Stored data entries

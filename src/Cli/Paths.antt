-- ===== src/Cli/Paths.antt =====
-- bin/tracey_mctraceface_main.cpp: that what has been recorded is what is decoded, or kept where it was
-- asked for.
use tracey_mctraceface.Base.{
  ◌≡◌, refl, true, false, List, [], ◌∷◌, Option, none, some, Bytes, codes, equal, if◌then◌else◌,
}
use tracey_mctraceface.Capabilities.{PerfCapabilities}
use tracey_mctraceface.Driver.{
  PerfConfig, build_common_record_args, build_attach_args, build_launch_args,
  build_perf_script_args, override_output,
}
use tracey_mctraceface.Cli.Record.{Paths}
use tracey_mctraceface.Cli.Commands.{record_args}

-- The argument behind the first one that is `flag`.
unfoldable pub argument_of : Bytes → List Bytes → Option Bytes
argument_of flag [] = none
argument_of flag (arg ∷ []) = none
argument_of flag (arg ∷ next ∷ args) =
    if equal arg flag then some next else argument_of flag (next ∷ args)

-- Where perf record writes by a command line, and where perf script reads.
abbrev pub written_to : List Bytes → Option Bytes
written_to = argument_of (codes "-o")

abbrev pub read_from : List Bytes → Option Bytes
read_from = argument_of (codes "-i")

-- With `--no-decode` perf record, on processes or on a program, writes to the path that was asked for;
-- without it, to the very file that perf script is then told to read in the directory made for it.
pub recorded-read :
    (config script : PerfConfig) (caps : PerfCapabilities) (paths : Paths) (pids : List Bytes)
    (program : Bytes) (args : List Bytes)
    → let used = record config { working_directory = paths.work_dir } in
      let attach = build_attach_args used caps pids in
      let launch = build_launch_args used caps program args in
      let decode = build_perf_script_args script paths.work_dir true in
      (written_to (record_args true paths attach) ≡ some paths.perf_data_path)
      × (written_to (record_args true paths launch) ≡ some paths.perf_data_path)
      × (written_to (record_args false paths attach) ≡ read_from decode)
      × (written_to (record_args false paths launch) ≡ read_from decode)
unfolding record_args override_output argument_of build_attach_args build_launch_args
    build_common_record_args build_perf_script_args equal
recorded-read config script caps paths pids program args = (refl, refl, refl, refl)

* **WORK INSTRUCTIONS**:
What do the lines above say from the one containing "argument_of flag [] = none" down to the one containing "-- without it, to"? Return them exactly, both end lines included, and only them.

* **SOLUTION TO THIS EXERCISE**:
argument_of flag [] = none
argument_of flag (arg ∷ []) = none
argument_of flag (arg ∷ next ∷ args) =
    if equal arg flag then some next else argument_of flag (next ∷ args)

-- Where perf record writes by a command line, and where perf script reads.
abbrev pub written_to : List Bytes → Option Bytes
written_to = argument_of (codes "-o")

abbrev pub read_from : List Bytes → Option Bytes
read_from = argument_of (codes "-i")

-- With `--no-decode` perf record, on processes or on a program, writes to the path that was asked for;
-- without it, to the very file that perf script is then told to read in the directory made for it.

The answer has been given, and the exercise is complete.